Pennsylvania’s union-kowtowing prevailing wage law is an albatross around the neck of not only Keystone State taxpayers but also good governance, free-market competition and economic growth, say scholars at the Allegheny Institute for Public Policy.
The original intent of the prevailing wage laws may have been to protect local laborers from cheap migrant labor, note Frank Gamrat, senior research associate at the Pittsburgh think tank, and Jake Haulk, the institute’s president.
But these days the law simply shields union workers from having to compete with other qualified workers in their own community.
And the resulting “lack of full-throttled competition for government contracts results in higher costs for taxpayers who ultimately pay for this excessive generosity to unions – and to companies that are union shops and get all the work,” the Ph.D. economists say (in Policy Brief Vol. 18, No. 25).
State-level prevailing wage laws require that local wages and benefits – typically the union rate – be paid on government-financed construction projects. The federal counterpart is the Davis-Bacon Act of 1931. The “Davis” of the act was U.S. Sen. James Davis, a Pittsburgh Republican.
Pennsylvania’s prevailing wage law dates to 1961. It was enacted to, purportedly, protect commonwealth workers from out-of-state competition. It applies to all government-financed projects of $25,000 or more.
The state Department of Labor and Industry sets the rate county by county. Never mind that the law does not explicitly prevent using market wages to determine that rate, wages established in collective bargaining agreements are used.
And that artificially raises costs.
“The lack of full market competition and the inevitable higher costs created by (the) prevailing wage may have been a contributing factor in Pennsylvania’s poorly rated infrastructure,” Gamrat and Haulk say.
“If projects are unnecessarily expensive, government(s) at both the local and state level will be unable to carry out as many projects as they would in the absence of the extra expense created by prevailing wages.”
Consider two examples:
In 2017, the average statewide painters wage was $20.30 an hour.
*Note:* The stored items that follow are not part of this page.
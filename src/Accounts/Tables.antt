-- ===== src/Accounts/Tables.antt =====
-- The tables of app/accounts.py, as app/migrations.py creates them, and their rows as models.
use computecluster.Prelude.{ℕ, String, Bool, true, false, Option, none, List, [], ◌∷◌}

pub data UserRole : Type 0 where
  member admin : UserRole

abbrev pub is_admin_role : UserRole → Bool
is_admin_role UserRole.admin = true
is_admin_role UserRole.member = false

pub record UserRow : Type 0 where
  pub id : ℕ
  pub username : String
  pub role : UserRole
  pub password_hash : Option String
  pub disabled : Bool
  pub created_at : ℕ
  pub session_version : ℕ

-- `provider` has the one value "tailscale".
pub record ExternalIdentityRow : Type 0 where
  pub subject : List ℕ
  pub user_id : ℕ
  pub display_name : List ℕ
  pub linked_at : ℕ

pub record UploadRow : Type 0 where
  pub id : ℕ
  pub owner_user_id : ℕ
  pub kind : String
  pub created_at : ℕ

pub record AccountTables : Type 0 where
  pub users : List UserRow
  pub identities : List ExternalIdentityRow
  pub uploads : List UploadRow

pub record SessionIdentity : Type 0 where
  pub id : ℕ
  pub username : String
  pub role : UserRole

pub record UserRead : Type 0 where
  pub identity : SessionIdentity
  pub disabled : Bool
  pub created_at : ℕ

abbrev pub is_admin : SessionIdentity → Bool
is_admin i = is_admin_role i.role

unfoldable pub row_to_identity : UserRow → SessionIdentity
row_to_identity u = record { id = u.id; username = u.username; role = u.role }

unfoldable pub row_to_user : UserRow → UserRead
unfolding row_to_identity
row_to_user u = record {
  identity = row_to_identity u;
  disabled = u.disabled;
  created_at = u.created_at;
}

abbrev pub admin_user_id : ℕ
admin_user_id = 1

-- The tables after the migrations: the administrator alone, with no password.
abbrev pub migrated : ℕ → AccountTables
migrated created_at = record {
  users =
      (record {
        id = admin_user_id;
        username = "administrator";
        role = UserRole.admin;
        password_hash = none;
        disabled = false;
        created_at = created_at;
        session_version = 1;
      })
      ∷ [];
  identities = [];
  uploads = [];
}
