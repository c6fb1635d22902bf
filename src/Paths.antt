-- ===== src/Paths.antt =====
-- contracts/models.py: portable_relative_path. A text is the list of its code points.
pub mod Contained
pub mod Points
use computecluster.Prelude.{
  ℕ, ◌-◌, Bool, true, false, Option, none, some, List, [], ◌∷◌, not, ◌&&◌, ◌||◌, leb, ◌==◌,
  if◌then◌else◌, any, filter_by, map, ◌++◌,
}

abbrev pub slash : ℕ
slash = 47

abbrev pub dot : ℕ
dot = 46

-- `a == b` on texts
unfoldable pub same_points : List ℕ → List ℕ → Bool
same_points [] [] = true
same_points [] (y ∷ ys) = false
same_points (x ∷ xs) [] = false
same_points (x ∷ xs) (y ∷ ys) = x == y && same_points xs ys

abbrev push_first : ℕ → List (List ℕ) → List (List ℕ)
push_first c [] = (c ∷ []) ∷ []
push_first c (p ∷ ps) = (c ∷ p) ∷ ps

-- value.split("/")
unfoldable pub split_path : List ℕ → List (List ℕ)
split_path [] = [] ∷ []
split_path (c ∷ cs) =
    let rest = split_path cs in if c == slash then [] ∷ rest else push_first c rest

-- The pieces that PurePosixPath.parts leaves out: the empty one and ".".
unfoldable pub is_dropped : List ℕ → Bool
is_dropped [] = true
is_dropped (c ∷ cs) = same_points (c ∷ cs) (dot ∷ [])

-- PurePosixPath(value).parts of a relative path
unfoldable pub parts_of : List ℕ → List (List ℕ)
parts_of value = filter_by (λ p. not (is_dropped p)) (split_path value)

-- PurePosixPath.is_absolute. Without a colon or a backslash, PureWindowsPath has a drive or a root
-- only where the path begins with a slash.
abbrev pub is_absolute : List ℕ → Bool
is_absolute [] = false
is_absolute (c ∷ cs) = c == slash

-- part[-1] in ". "
unfoldable pub ends_badly : List ℕ → Bool
ends_badly [] = false
ends_badly (c ∷ []) = c == dot || c == 32
ends_badly (c ∷ d ∷ ds) = ends_badly (d ∷ ds)

-- part.partition(".")[0]
unfoldable pub stem_of : List ℕ → List ℕ
stem_of [] = []
stem_of (c ∷ cs) = let rest = stem_of cs in if c == dot then [] else c ∷ rest

-- str.upper on ASCII: no other character has one of the letters of the reserved names as its upper
-- case.
abbrev pub upper : ℕ → ℕ
upper c = if leb 97 c && leb c 122 then c - 32 else c

abbrev digits : List ℕ
digits = 49 ∷ 50 ∷ 51 ∷ 52 ∷ 53 ∷ 54 ∷ 55 ∷ 56 ∷ 57 ∷ []

-- CON, PRN, AUX, NUL, COM1 to COM9 and LPT1 to LPT9
abbrev pub windows_reserved_names : List (List ℕ)
windows_reserved_names =
    (67 ∷ 79 ∷ 78 ∷ [])
    ∷ (80 ∷ 82 ∷ 78 ∷ [])
    ∷ (65 ∷ 85 ∷ 88 ∷ [])
    ∷ (78 ∷ 85 ∷ 76 ∷ [])
    ∷ (map (λ d. 67 ∷ 79 ∷ 77 ∷ d ∷ []) digits ++ map (λ d. 76 ∷ 80 ∷ 84 ∷ d ∷ []) digits)

unfoldable pub is_reserved : List ℕ → Bool
is_reserved part = any (same_points (map upper (stem_of part))) windows_reserved_names

abbrev pub is_parent : List ℕ → Bool
is_parent part = same_points part (dot ∷ dot ∷ [])

-- The tests of the loop over the parts.
unfoldable pub is_unsafe_part : List ℕ → Bool
is_unsafe_part part =
    same_points part (dot ∷ []) || is_parent part || ends_badly part || is_reserved part

-- "\\" in value or ":" in value or "\x00" in value
abbrev pub is_forbidden : ℕ → Bool
is_forbidden c = c == 92 || c == 58 || c == 0

abbrev is_empty : List (List ℕ) → Bool
is_empty [] = true
is_empty (p ∷ ps) = false

-- The parts of the path, or nothing where the code raises ValueError.
unfoldable pub portable_relative_path : List ℕ → Option (List (List ℕ))
portable_relative_path value =
    let parts = parts_of value in
    if any is_forbidden value
    then none
    else if is_empty parts || is_absolute value
    then none
    else if any is_unsafe_part parts
    then none
    else some parts
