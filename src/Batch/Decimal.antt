-- ===== src/Batch/Decimal.antt =====
-- str() of a number: its decimal digits.
use Prim.Native.Char.{Char, code}
use Prim.Native.String.{[], ◌∷◌}
use computecluster.Prelude.{
  ℕ, zero, suc, ◌+◌, ◌-◌, ◌*◌, ◌/◌, ◌%◌, ◌≤◌, ◌<◌, String, ◌≡◌, refl, sym, ap, ◌∙◌, arith, ltb,
  if◌then◌else◌, Bool-cases, inl, inr,
}

unfoldable digit : ℕ → Char
digit zero = "0"
digit (suc zero) = "1"
digit (suc (suc zero)) = "2"
digit (suc (suc (suc zero))) = "3"
digit (suc (suc (suc (suc zero)))) = "4"
digit (suc (suc (suc (suc (suc zero))))) = "5"
digit (suc (suc (suc (suc (suc (suc zero)))))) = "6"
digit (suc (suc (suc (suc (suc (suc (suc zero))))))) = "7"
digit (suc (suc (suc (suc (suc (suc (suc (suc zero)))))))) = "8"
digit (suc (suc (suc (suc (suc (suc (suc (suc (suc n))))))))) = "9"

-- The digits of n before a text. Each step divides by ten, so n steps are enough.
unfoldable digits_before : ℕ → ℕ → String → String
unfolding digit
digits_before zero n rest = digit n ∷ rest
digits_before (suc fuel) n rest =
    let more = digits_before fuel (n / 10) (digit (n % 10) ∷ rest) in
    if ltb n 10 then digit n ∷ rest else more

unfoldable pub decimal : ℕ → String
unfolding digits_before
decimal n = digits_before n n []

-- The number that digits spell, after those that spelt `n`.
unfoldable spelt : ℕ → String → ℕ
spelt n [] = n
spelt n (c ∷ cs) = spelt (n * 10 + (code c - 48)) cs

code-digit : (n : ℕ) → n < 10 → code (digit n) - 48 ≡ n
unfolding digit
code-digit zero h = refl
code-digit (suc zero) h = refl
code-digit (suc (suc zero)) h = refl
code-digit (suc (suc (suc zero))) h = refl
code-digit (suc (suc (suc (suc zero)))) h = refl
code-digit (suc (suc (suc (suc (suc zero))))) h = refl
code-digit (suc (suc (suc (suc (suc (suc zero)))))) h = refl
code-digit (suc (suc (suc (suc (suc (suc (suc zero))))))) h = refl
code-digit (suc (suc (suc (suc (suc (suc (suc (suc zero)))))))) h = refl
code-digit (suc (suc (suc (suc (suc (suc (suc (suc (suc n))))))))) h = omega arith

spelt-digit :
    (m n : ℕ) (rest : String) → n < 10 → spelt m (digit n ∷ rest) ≡ spelt (m * 10 + n) rest
unfolding spelt
spelt-digit m n rest h = ap (λ k. spelt (m * 10 + k) rest) (code-digit n h)

spelt-digits :
    (fuel n : ℕ) (rest : String) → n ≤ fuel → spelt 0 (digits_before fuel n rest) ≡ spelt n rest
unfolding digits_before
spelt-digits zero n rest h =
    spelt-digit 0 n rest (omega arith) ∙ ap (λ k. spelt k rest) (omega arith)
spelt-digits (suc fuel) n rest h = elim (Bool-cases (ltb n 10)) [
  | inl s ↦
      rw (s, digits_before)
        (spelt-digit 0 n rest (ground arith) ∙ ap (λ k. spelt k rest) (omega arith))
  | inr s ↦
      rw (s, digits_before)
        (spelt-digits fuel (n / 10) (digit (n % 10) ∷ rest) (ground arith)
          ∙ spelt-digit (n / 10) (n % 10) rest (omega arith)
          ∙ ap (λ k. spelt k rest) (omega arith))
]

-- Different numbers have different digits.
pub decimal_injective : (m n : ℕ) → decimal m ≡ decimal n → m ≡ n
unfolding decimal spelt
decimal_injective m n e =
    sym (spelt-digits m m [] (omega arith)) ∙ ap (spelt 0) e ∙ spelt-digits n n [] (omega arith)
It was $18.84 for construction laborers. But in April 2016, on projects at East Stroudsburg University, painters were paid premiums of 64 percent more and 25 percent more, respectively, because of Pennsylvania’s prevailing wage law.
Fringe benefits also were far above the norm for such occupations.
Then there are state highway projects.
Per the Pennsylvania Department of Transportation’s 2017 annual report, $2.57 billion was spent on 703 bridge and road projects. “Even if the labor compensation savings from doing away with (the) prevailing wage were 10 percent … PennDOT would have an extra $257 million to spend on more projects,” Gamrat and Haulk calculate.
And that’s a low figure; most research pegs such savings at between 10 and 25 percent.
“In a state that seems to struggle every year to fund its budget and where school districts are having to raise taxes steadily to meet obligations including for unnecessarily expensive building projects, hundreds of millions in savings would certainly be welcome,” the institute scholars say.
Just this month, Michigan repealed its prevailing wage law, now one of 24 states without such a statute. Savings there will be an estimated $400 million annually.
The prevailing wage law is cut from the same cloth as binding arbitration, teacher and transit worker strikes and the lack of a right-to-work law.
“Pennsylvania is losing ground steadily as a result,” Gamrat and Haulk say. “The state’s workforce is declining while nationally the labor force is climbing and the number of the state’s residents working has also been sliding of late” because of this “deeply entrenched anti-free market ideology that stifles growth.”
“Michigan did the right thing by shedding this union-backed wage mandate,” the Allegheny Institute researchers say. “Now it’s time for Pennsylvania to do the same.”